Desde el ecologismo llevamos casi medio siglo insistiendo en que la protección del medioambiente debe ser uno de los objetivos prioritarios de nuestra época, y que no hay posibilidad de vida buena generalizable sin reequilibrio ecosistémico. Desde los años setenta del siglo pasado el ecologismo y el ambientalismo han ido creciendo, y se han buscado sinergias con otros movimientos sociales y políticos que se sitúan del lado de la justicia ético-social en un mundo globalizado. Pero en este lapso de tiempo, ha crecido mucho más la devastación de los ecosistemas naturales y el expolio de sus recursos, así como las desigualdades entre los pueblos y en el reparto de la riqueza. Hasta el punto en que actualmente nos enfrentamos a la urgencia de unos cambios que, de no producirse, nos llevarán directamente a un colapso civilizatorio.

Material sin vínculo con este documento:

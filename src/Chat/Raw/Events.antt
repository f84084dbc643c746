-- ===== src/Chat/Raw/Events.antt =====
-- apps/chat-service/chat_service/llm/sdk_integrations.py: the clients that are made, `stream_chat` with a
-- model of Anthropic, and the callback that a chat over LangChain gets.
use inferspect.Prelude.{
  ℕ, ◌≡◌, refl, String, Bool, true, Option, none, some, List, [], ◌∷◌, str_eq, if◌then◌else◌,
}
use inferspect.Value.{Fields, end}
use inferspect.Value.Codec.{Codec}
use inferspect.Sdk.Schema.{InferenceLog, Status}
use inferspect.Sdk.Client.{truncate}
use inferspect.Sdk.Client.Span.{Ending}
use inferspect.Sdk.Client.Logger.{Exit}
use inferspect.Sdk.Anthropic.{Reply, blocks_text, raises, answers, create}
use inferspect.Sdk.Anthropic.Answered.{create-answers}
use inferspect.Sdk.Langchain.{Handler, SdkCallback}
use inferspect.Chat.Raw.{Request, Streamed, anthropic_opening, to_anthropic_messages}

-- What making a client of a provider's library comes to.
pub data Made (C : Type 0) : Type 0 where
  import_failed init_failed : Made C
  made : C → Made C

-- `_make_openai` and `_make_anthropic`, with the SDK's `instrument` and whether there is a logger.
unfoldable pub make_client : {C : Type 0} → (C → C) → Bool → Made C → Option C
make_client instrument logger import_failed = none
make_client instrument logger init_failed = none
make_client instrument logger (made client) = some (if logger then instrument client else client)

-- `build_langchain_callback`, of the handler that the logger gives.
unfoldable pub build_langchain_callback :
    Option Handler → String → String → String → Option (Handler × SdkCallback)
build_langchain_callback none conversation_id user_id model_hint = none
build_langchain_callback (some h) conversation_id user_id model_hint = some (
  record h {
    ids = record {
      conversation_id = some conversation_id;
      session_id = none;
      user_id = some user_id;
    };
    model_hint = some model_hint;
  },
  record {
    inference_runs = [];
    tool_runs = [];
    last_inference_request_id = none;
    tool_calls_made = [];
  },
)

-- An event of a stream, with the text of its delta.
pub data StreamEvent : Type 0 where
  content_block_delta : Option String → StreamEvent
  other_event : StreamEvent

abbrev pub event_text : StreamEvent → String
event_text (content_block_delta none) = ""
event_text (content_block_delta (some s)) = s
event_text other_event = ""

abbrev pub event_texts : List StreamEvent → List String
event_texts [] = []
event_texts (ev ∷ evs) =
    let later = event_texts evs in
    if str_eq (event_text ev) "" then later else event_text ev ∷ later

-- What the call does: it raises, or gives an object, with what is read of it as a response, whose
-- events are drained or left by an exception.
pub data StreamScript : Type 0 where
  call_raises : Exit → StreamScript
  gives : Reply → List StreamEvent → Option Exit → StreamScript

module _ (c : Codec) (redact : String → String) (q : Request) (started_at : ℕ) (timing : Fields)
    (e : Ending) where
  unfoldable pub stream_anthropic : StreamScript → Streamed × InferenceLog
  stream_anthropic (call_raises exit) = (
    record { texts = []; left = some exit },
    create c redact (anthropic_opening q true) (to_anthropic_messages q.history) started_at end
        timing (raises exit) e,
  )
  stream_anthropic (gives object events left) = (
    record { texts = event_texts events; left = left },
    create c redact (anthropic_opening q true) (to_anthropic_messages q.history) started_at end
        timing (answers object) e,
  )

  -- Whatever a stream of Anthropic's client gives its consumer and however it ends, the one log has
  -- the status ok and no text but what the object itself has as a response.
  pub stream_anthropic_unobserved :
      (object : Reply) (events : List StreamEvent) (left : Option Exit)
      → let (seen, log) = stream_anthropic (gives object events left) in
        (seen.texts ≡ event_texts events)
        × (seen.left ≡ left)
        × (log.output_preview ≡ redact (truncate (blocks_text object.content)))
        × (log.status ≡ Status.ok)
  unfolding stream_anthropic
  stream_anthropic_unobserved object events left =
      let logged =
        create-answers c redact (anthropic_opening q true) (to_anthropic_messages q.history)
          started_at end timing object e in
      (refl, refl, logged.0, logged.2)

Sin embargo debemos reconocer que hasta ahora no hemos conseguido modificar el rumbo. Ante ello nos preguntamos: ¿por qué lo más necesario no enraíza apenas, y mucho menos lo suficiente como para ser eficaz? Vamos a intentar apuntar brevemente las principales causas de esta dificultad. En primer lugar nos enfrentamos a tres poderosos factores que distorsionan el modo en que afrontamos nuestra realidad: la ocultación, el engaño y el autoengaño. Las instituciones, las empresas y los medios de comunicación dominantes se esfuerzan enormemente por ocultar las verdaderas causas del deterioro ecológico y social, a la vez que nos engañan con la esperanza ficticia de la recuperación del crecimiento económico (que finalmente siempre se volverá contra nosotros por no atender a los límites de la biosfera).